» **Data extract**:
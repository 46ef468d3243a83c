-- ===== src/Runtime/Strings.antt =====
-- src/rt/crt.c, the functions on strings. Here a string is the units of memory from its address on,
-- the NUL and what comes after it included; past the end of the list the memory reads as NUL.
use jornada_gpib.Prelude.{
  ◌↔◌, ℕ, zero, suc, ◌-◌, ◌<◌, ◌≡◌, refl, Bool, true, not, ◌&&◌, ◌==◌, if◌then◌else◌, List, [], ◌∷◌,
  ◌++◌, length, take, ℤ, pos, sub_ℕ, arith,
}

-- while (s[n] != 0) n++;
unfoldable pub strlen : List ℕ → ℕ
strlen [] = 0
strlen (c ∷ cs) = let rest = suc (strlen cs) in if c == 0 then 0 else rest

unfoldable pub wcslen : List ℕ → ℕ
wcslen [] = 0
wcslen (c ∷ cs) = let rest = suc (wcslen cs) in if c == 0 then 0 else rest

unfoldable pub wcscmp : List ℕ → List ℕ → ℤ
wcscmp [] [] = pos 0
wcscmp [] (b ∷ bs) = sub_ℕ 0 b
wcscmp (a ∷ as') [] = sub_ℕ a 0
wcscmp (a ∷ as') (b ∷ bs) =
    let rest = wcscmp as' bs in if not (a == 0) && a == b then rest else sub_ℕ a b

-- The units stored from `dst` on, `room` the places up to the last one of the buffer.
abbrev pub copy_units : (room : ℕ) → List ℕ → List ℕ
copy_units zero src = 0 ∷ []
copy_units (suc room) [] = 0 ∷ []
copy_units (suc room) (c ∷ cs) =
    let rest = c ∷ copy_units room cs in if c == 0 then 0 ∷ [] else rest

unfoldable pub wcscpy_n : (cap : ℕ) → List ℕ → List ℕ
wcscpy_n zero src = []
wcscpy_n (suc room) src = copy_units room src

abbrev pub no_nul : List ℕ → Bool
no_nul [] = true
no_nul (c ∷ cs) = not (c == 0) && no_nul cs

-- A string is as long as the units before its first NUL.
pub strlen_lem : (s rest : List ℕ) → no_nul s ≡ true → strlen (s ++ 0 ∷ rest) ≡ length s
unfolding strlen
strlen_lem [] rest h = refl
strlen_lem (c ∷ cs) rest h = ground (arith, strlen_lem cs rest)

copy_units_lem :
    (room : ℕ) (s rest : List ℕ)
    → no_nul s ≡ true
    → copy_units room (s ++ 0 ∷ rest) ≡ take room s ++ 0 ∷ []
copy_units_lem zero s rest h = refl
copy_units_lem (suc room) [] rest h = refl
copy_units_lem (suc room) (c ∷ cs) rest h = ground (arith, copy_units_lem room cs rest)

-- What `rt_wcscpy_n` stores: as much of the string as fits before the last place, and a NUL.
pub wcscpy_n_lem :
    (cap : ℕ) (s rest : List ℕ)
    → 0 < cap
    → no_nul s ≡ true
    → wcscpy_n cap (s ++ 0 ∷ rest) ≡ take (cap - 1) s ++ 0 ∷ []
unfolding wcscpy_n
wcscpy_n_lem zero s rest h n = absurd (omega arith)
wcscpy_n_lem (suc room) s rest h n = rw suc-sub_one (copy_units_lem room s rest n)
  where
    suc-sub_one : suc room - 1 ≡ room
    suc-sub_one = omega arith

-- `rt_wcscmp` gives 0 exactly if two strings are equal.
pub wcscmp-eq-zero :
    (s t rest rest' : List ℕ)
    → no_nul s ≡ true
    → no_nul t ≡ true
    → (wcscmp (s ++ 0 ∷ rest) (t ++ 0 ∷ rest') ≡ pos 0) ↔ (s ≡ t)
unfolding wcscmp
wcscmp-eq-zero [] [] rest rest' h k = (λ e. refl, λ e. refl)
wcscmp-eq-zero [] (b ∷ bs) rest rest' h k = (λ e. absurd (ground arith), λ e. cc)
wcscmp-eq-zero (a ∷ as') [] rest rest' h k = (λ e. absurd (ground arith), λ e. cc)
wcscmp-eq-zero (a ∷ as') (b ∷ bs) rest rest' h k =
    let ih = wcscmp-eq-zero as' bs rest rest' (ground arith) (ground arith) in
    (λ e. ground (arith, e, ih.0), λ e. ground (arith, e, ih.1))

» **Exercise aim**:
When the line with "wcscmp [] [] = pos 0" is reached in the data above, start copying there, and copy each line exactly until the line with "-- The units" has been copied; copy nothing else.

» **Response for this exercise**:
wcscmp [] [] = pos 0
wcscmp [] (b ∷ bs) = sub_ℕ 0 b
wcscmp (a ∷ as') [] = sub_ℕ a 0
wcscmp (a ∷ as') (b ∷ bs) =
    let rest = wcscmp as' bs in if not (a == 0) && a == b then rest else sub_ℕ a b

-- The units stored from `dst` on, `room` the places up to the last one of the buffer.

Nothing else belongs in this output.